The Office will also have to manage the rules to be applied under the new regulation with respect to artificial intelligence systems that are already subject to other EU regulations, such as the Digital Service Act on social media.

A brief overview of the international context

While the European Union works towards the final enactment of the Artificial Intelligence Regulation, other international bodies are also focusing their attention on the need to control the development and governance of this new technology and its application.

The United Nations Educational, Scientific and Cultural Organisation (UNESCO), that is a specialised agency of the United Nations with the aim of promoting peace and security in the world, issued the ‘Recommendation on the Ethics of Artificial Intelligence’, adopted by all 193 member states. UNESCO wanted to focus on four core values, linked to ten general principles that safeguard the human being in the ethical use of AI.

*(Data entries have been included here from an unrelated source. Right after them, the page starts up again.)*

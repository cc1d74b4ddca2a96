-- ===== src/AcceptedRef/Canonical.antt =====
-- Parsing and printing of accepted-ref records: laws of `canonical_accepted_ref_bytes` and
-- `parse_accepted_ref` of rust/src/accepted_ref.rs over any JSON library.
use mathlib.Core.Path.{subst}
use pkgre.Prelude.{
  ◌≡◌, ◌↔◌, refl, ap, [], ◌∷◌, ◌++◌, Bytes, Option, none, some, Result, ok, err, ok_or, ensure, beq,
  beq→eq, beq_iff, ◌>>=◌, ◌>>◌, arith, true,
}
use pkgre.AcceptedRef.{
  malformed_json, not_canonical, serialization_failure, Error, AcceptedRef, RepositoryConfig, Json,
  validate_record, canonical_accepted_ref_bytes, parse_accepted_ref,
}

-- `from_slice` reads what `to_vec_pretty` writes, with a line feed behind it.
abbrev pub ReadsBack : Json → Type 0
ReadsBack json =
    (r : AcceptedRef) (bytes : Bytes)
    → json.to_vec_pretty r ≡ some bytes
    → json.from_slice (bytes ++ b'\n' ∷ []) ≡ some r

-- The chain of `parse_accepted_ref`, over any parts.
abbrev chain :
    Option AcceptedRef
    → (AcceptedRef → Result Error (Unit {0}))
    → (AcceptedRef → Result Error Bytes)
    → Bytes
    → Result Error AcceptedRef
chain read check print bytes = do
  r ← ok_or read malformed_json
  check r
  canonical ← print r
  ensure (beq canonical bytes) not_canonical
  ok r

chain_print :
    (checked : Result Error (Unit {0})) (printed : Result Error Bytes) (bytes : Bytes)
    (r' r : AcceptedRef)
    → (do checked; canonical ← printed; ensure (beq canonical bytes) not_canonical; ok r') ≡ ok r
    → (r' ≡ r) × (checked ≡ ok tt) × (printed ≡ ok bytes)
chain_print (ok u) (ok c) bytes r' r h =
    let same : beq c bytes ≡ true = ground arith in
    (ground arith, refl, ap ok (beq→eq c bytes same))
chain_print (ok u) (err e) bytes r' r h = absurd (cc)
chain_print (err e) printed bytes r' r h = absurd (cc)

chain_steps :
    (read : Option AcceptedRef) (check : AcceptedRef → Result Error (Unit {0}))
    (print : AcceptedRef → Result Error Bytes) (bytes : Bytes) (r : AcceptedRef)
    → chain read check print bytes ≡ ok r
    → (read ≡ some r) × (check r ≡ ok tt) × (print r ≡ ok bytes)
chain_steps none check print bytes r h = absurd (cc)
chain_steps (some r') check print bytes r h =
    let (same, a, b) = chain_print (check r') (print r') bytes r' r h in
    (ap some same, subst (λ x. check x ≡ ok tt) same a, subst (λ x. print x ≡ ok bytes) same b)

print_chain :
    (checked : Result Error (Unit {0})) (written : Option Bytes) (bytes : Bytes)
    → (do checked; b ← ok_or written serialization_failure; ok (b ++ b'\n' ∷ [])) ≡ ok bytes
    → (checked ≡ ok tt) × ((b : Bytes) × (written ≡ some b) × (b ++ b'\n' ∷ [] ≡ bytes))
print_chain (ok u) (some b) bytes h = (refl, (b, refl, cc))
print_chain (ok u) none bytes h = absurd (cc)
print_chain (err e) written bytes h = absurd (cc)

module _ (json : Json) where
  parse_steps :
      (bytes : Bytes) (config : RepositoryConfig) (r : AcceptedRef)
      → parse_accepted_ref json bytes config ≡ ok r
      → (json.from_slice bytes ≡ some r)
        × (validate_record config r ≡ ok tt)
        × (canonical_accepted_ref_bytes json r config ≡ ok bytes)
  unfolding parse_accepted_ref
  parse_steps bytes config r h =
      chain_steps (json.from_slice bytes) (validate_record config)
        (λ x. canonical_accepted_ref_bytes json x config) bytes r h

  -- A record is read from one byte string only: two accepted files with the same record are equal,
  -- whatever the JSON library reads.
  pub parse-injective :
      (config : RepositoryConfig) (bytes bytes' : Bytes) (r : AcceptedRef)
      → parse_accepted_ref json bytes config ≡ ok r
      → parse_accepted_ref json bytes' config ≡ ok r
      → bytes ≡ bytes'
  parse-injective config bytes bytes' r h h' =
      let (_, _, p) = parse_steps bytes config r h in
      let (_, _, q) = parse_steps bytes' config r h' in cc (p, q)

  print_steps :
      (config : RepositoryConfig) (bytes : Bytes) (r : AcceptedRef)
      → canonical_accepted_ref_bytes json r config ≡ ok bytes
      → (validate_record config r ≡ ok tt)
        × ((b : Bytes) × (json.to_vec_pretty r ≡ some b) × (b ++ b'\n' ∷ [] ≡ bytes))
  unfolding canonical_accepted_ref_bytes
  print_steps config bytes r h =
      print_chain (validate_record config r) (json.to_vec_pretty r) bytes h

  module _ (reads_back : ReadsBack json) where
    -- If the JSON library reads back what it writes, a byte string is read as a record exactly when
    -- it is what the record is written as.
    pub parse-canonical_iff :
        (config : RepositoryConfig) (bytes : Bytes) (r : AcceptedRef)
        → (parse_accepted_ref json bytes config ≡ ok r)
          ↔ (canonical_accepted_ref_bytes json r config ≡ ok bytes)
    unfolding parse_accepted_ref
    parse-canonical_iff config bytes r = (
      λ h. (parse_steps bytes config r h).2,
      λ h.
          let (v, (b, written, e)) = print_steps config bytes r h in
          let read : json.from_slice bytes ≡ some r =
            subst (λ x. json.from_slice x ≡ some r) e (reads_back r b written) in
          rw (read, v, h, (beq_iff bytes bytes).1 refl),
    )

At the level of the United Nations, Secretary-General Guterres set up a high-level committee on digital cooperation to facilitate a constructive dialogue on the possibilities offered by technology to advance human well-being, while of course addressing risks and preventing harm.  Some of the recommendations included in ‘The age of digital interdependence – Report of the UN Secretary-General’s High-level Panel on Digital Cooperation’ emphasise the need for intelligent systems that can explain their decisions. Another theme that also emerged here is the importance of being able to clearly identify whose responsibility it is to use them, in the event of damage.

The UN Deputy Secretary General Amina J. Mohammed, in her speech at the event ‘Advancing the Global Goals with artificial intelligence’, also addressed the subject of the development of artificial intelligence, describing it as one of the most important advances of our time, for example because of the use that is already being made of it in certain strategic sectors such as industrial automation. However, the deputy secretary also wanted to highlight the risks associated with unethical and unregulated use of AI, such as the increase in inequality or the danger of manipulation of political processes and information.